一方凸面になっているほうは、キズがまったくありません。元の角材にあったキズはすべて凹面になっているほうが受け継いだことになります。

綺麗なのは、まったくキズのない凸面になっている方ですが、キズを受け継いだ凹面の方には、その欠点にとても味わいがあります。美しさでは、両方、同等のがあると言えます。

木の命を無駄にせずに、どちらも慈しんで生かし切る、高越さんの木に対するやさしさが表れた作品です。

その結果、陰と陽、表と裏、光と影、昼と夜、という対になって支え合う関係ができました。


追伸

能楽師の安田 登さんは、その著書*の中で、ナイトクラブでピアノ演奏の仕事をしていた頃を振り返り、「夜の世界」で働く人たちについて、次のような主旨のことを述べています。

夜の世界に集まる人達は、どこかに影を抱えているというか、人生に後ろめたさを感じていた。男性でも女性でも、才能がありながら、訳ありで表舞台にはいられなくなった人たちであった。人は、表舞台で順調に過ごしているときは、自分が抱えている欠落に気付かない。それが顕在化するのは何かしでかしてしまったとき、あるいは、理屈では説明不可能な悲劇と遭遇してしまった時である。夜の世界にいて、己の欠落を自覚している人たちは、どこもカッコをつけようとするところがないというか、カッコはつけているもののそれが見え見えで、ポーズの裏側に深い悲しみが感じられる、ということでした。

「夜の世界」の人たちと「昼間の世界」の人たち、あるいは、「裏舞台」の人たちと「表舞台」の人たちは、元は同じで、別れて対になりました。「夜の世界」、あるいは、「裏舞台」に生きる人たちは、多くのキズを負った、凹面の一輪挿しに通じる味わい深さがあるのではないか、と想像しました。

*安田 登・著:あわいの力. ミシマ社, 2014. P77-84


番外編

備前焼は、釉薬を使わず、高温で焼成します。備前焼の窯焚には松割木が用いられ、10日間ほど焼き続けられます。この時の炎や灰の動きによって焼き色や景色が決まります。

IMG_2007のコピー

画像の右側の花器は、小橋順明プロデュースによる花器です。

黒と黄土色と灰色の発色が、アメのような光沢を帯びて、くっきりと現れて、器の存在感を強めています。

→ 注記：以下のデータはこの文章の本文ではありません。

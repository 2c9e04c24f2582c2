-- ===== src/Tests/Systems.antt =====
-- Systems on which the theorems about Extensions/MapFiles are tried out: paths that need no work
-- but the case of their letters, and a pipe that never fails to write.
use buildpal.Prelude.{
  ℕ, suc, ◌+◌, ◌≤◌, ◌≡◌, refl, Option, none, some, List, [], ◌∷◌, ◌++◌, length, take, drop, arith,
  ltb, leb, ◌&&◌, ◌==◌, if◌then◌else◌, take-length, drop-length, length-append,
}
use buildpal.MapFiles.Paths.{PathApi}
use buildpal.MapFiles.Pipe.{PipeApi}

abbrev pub ascii_lower : ℕ → ℕ
ascii_lower c = if leb 65 c && leb c 90 then c + 32 else c

-- behind the last backslash
abbrev pub name_offset : List ℕ → ℕ
name_offset [] = 0
name_offset (c ∷ cs) =
    let rest = name_offset cs in if ltb 0 rest then suc rest else if c == 92 then 1 else 0

pub name_offset-within : (path : List ℕ) → name_offset path ≤ length path
name_offset-within [] = omega arith
name_offset-within (c ∷ cs) = ground (arith, name_offset-within cs)

-- paths that are canonical already
abbrev pub paths : PathApi
paths = record {
  char_lower = ascii_lower;
  path_canonicalize = λ path. path;
  path_find_file_name = name_offset;
  file_name_within = name_offset-within;
}

-- a pipe that never fails to write
unfoldable pub list_read : List ℕ → ℕ → Option (List ℕ × List ℕ)
list_read p n = if ltb (length p) n then none else some (take n p, drop n p)

pub list_read-takes :
    (p bytes rest : List ℕ)
    → p ≡ bytes ++ rest
    → (q : List ℕ) × (list_read p (length bytes) ≡ some (bytes, q)) × (q ≡ rest)
unfolding list_read
list_read-takes p bytes rest e = (
  rest,
  ground (arith, length-append bytes rest, take-length bytes rest, drop-length bytes rest),
  refl,
)

abbrev pub pipe : PipeApi
pipe = record {
  Pipe = List ℕ;
  contents = λ p. p;
  write_file = λ p bytes. some (p ++ bytes);
  read_file = list_read;
  write_appends = λ p bytes q e. ground (arith, e);
  read_takes = list_read-takes;
}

倉敷一陽窯の主人、木村さんによれば、この器は窯焚きの時に、焚き場所に近い位置に置かれていたので、直接、炎に触れて十二分に焼かれ、また、たっぷりと灰が降りかかり、さらに、足下に灰が厚く降り積もったのだろう、とのことでした。人に喩えれば、生まれついて恵まれた環境に育った、いわばエリートと言えます。

花器として多くの人々に愛でられる優れた美術工芸品となります。

画像の左側の器は、恒枝直豆(つねき・なおと)さんによる花器です。

全体的に発色が薄く、のっぺいとしていて、存在感が薄い器です。まるで、現実の物ではなく、異界からやって来た幻の器の様です。

木村さんのお話を拡張すると、この器は窯の隅に置かれ、他の器によって隠れてしまう形で、炎や灰にほとんど触れなかったと考えられます。人に喩えるなら、社会経済的に恵まれない環境に生まれ、十分な教育の機会が与えられず、独学で道を切り拓く人の様です。

このようにして表現された直豆さんの器は、普段、私たちが意識することがない、「存在とは何か」という根源的な問いを問い返してくる、アート性を持ちます。

追記

恒枝直豆さんは、倉敷美観地の倉敷川沿いに店を構える、恒枝陶芸のご主人の実弟なのだそうです。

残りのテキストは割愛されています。